■ **EXERCISE INSTRUCTIONS**: Below are the records; give again exactly the lines that run from the one with "-- What a GET" through the last line.

START RECORDS SHOWN

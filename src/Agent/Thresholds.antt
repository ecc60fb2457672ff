-- ===== src/Agent/Thresholds.antt =====
-- The thresholds of the agent and their polling (cmd/agent/config_poller.go). The fields are read and
-- written under a lock, all three at once.
pub mod Polling
use vkr_public.Base.{ℕ, String, Bool, Option, none, some, List, [], ◌∷◌, ◌==◌, eqb, if◌then◌else◌}
use vkr_public.Float64.{Float64, eighty_five_f, ninety_f}
use vkr_public.Json.{Json}
use vkr_public.Warn.{Warn, decode_warn, all_positive}

pub record Thresholds : Type 0 where
  pub cpu : Float64
  pub mem : Float64
  pub disk : Float64

abbrev pub new_thresholds : Thresholds
new_thresholds = record { cpu = eighty_five_f; mem = ninety_f; disk = ninety_f }

-- What a GET gives: `none` where the request or the connection fails; else the status, and the body
-- as JSON if it is JSON.
abbrev pub Response : Type 0
Response = Option (ℕ × Option Json)

abbrev take_warn : Option Warn → Thresholds → Thresholds
take_warn none t = t
take_warn (some c) t =
    if all_positive c then record { cpu = c.cpu_warn; mem = c.mem_warn; disk = c.disk_warn } else t

abbrev decoded_body : Option Json → Option Warn
decoded_body none = none
decoded_body (some j) = decode_warn j

unfoldable pub fetch : Response → Thresholds → Thresholds
fetch none t = t
fetch (some (status, body)) t = if eqb status 200 then take_warn (decoded_body body) t else t

unfoldable pub fetch_all : List Response → Thresholds → Thresholds
unfolding fetch
fetch_all [] t = t
fetch_all (r ∷ rs) t = fetch_all rs (fetch r t)

-- The responses are those of the first fetch and of one fetch for each tick until the agent stops.
unfoldable pub poll_config : String → List Response → Thresholds → Thresholds
unfolding fetch_all
poll_config api_url responses t = if api_url == "" then t else fetch_all responses t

END RECORDS SHOWN

■ **FINISHED EXERCISE**:
-- What a GET gives: `none` where the request or the connection fails; else the status, and the body
-- as JSON if it is JSON.
abbrev pub Response : Type 0
Response = Option (ℕ × Option Json)

abbrev take_warn : Option Warn → Thresholds → Thresholds
take_warn none t = t
take_warn (some c) t =
    if all_positive c then record { cpu = c.cpu_warn; mem = c.mem_warn; disk = c.disk_warn } else t

abbrev decoded_body : Option Json → Option Warn
decoded_body none = none
decoded_body (some j) = decode_warn j

unfoldable pub fetch : Response → Thresholds → Thresholds
fetch none t = t
fetch (some (status, body)) t = if eqb status 200 then take_warn (decoded_body body) t else t

unfoldable pub fetch_all : List Response → Thresholds → Thresholds
unfolding fetch
fetch_all [] t = t
fetch_all (r ∷ rs) t = fetch_all rs (fetch r t)

-- The responses are those of the first fetch and of one fetch for each tick until the agent stops.
unfoldable pub poll_config : String → List Response → Thresholds → Thresholds
unfolding fetch_all
poll_config api_url responses t = if api_url == "" then t else fetch_all responses t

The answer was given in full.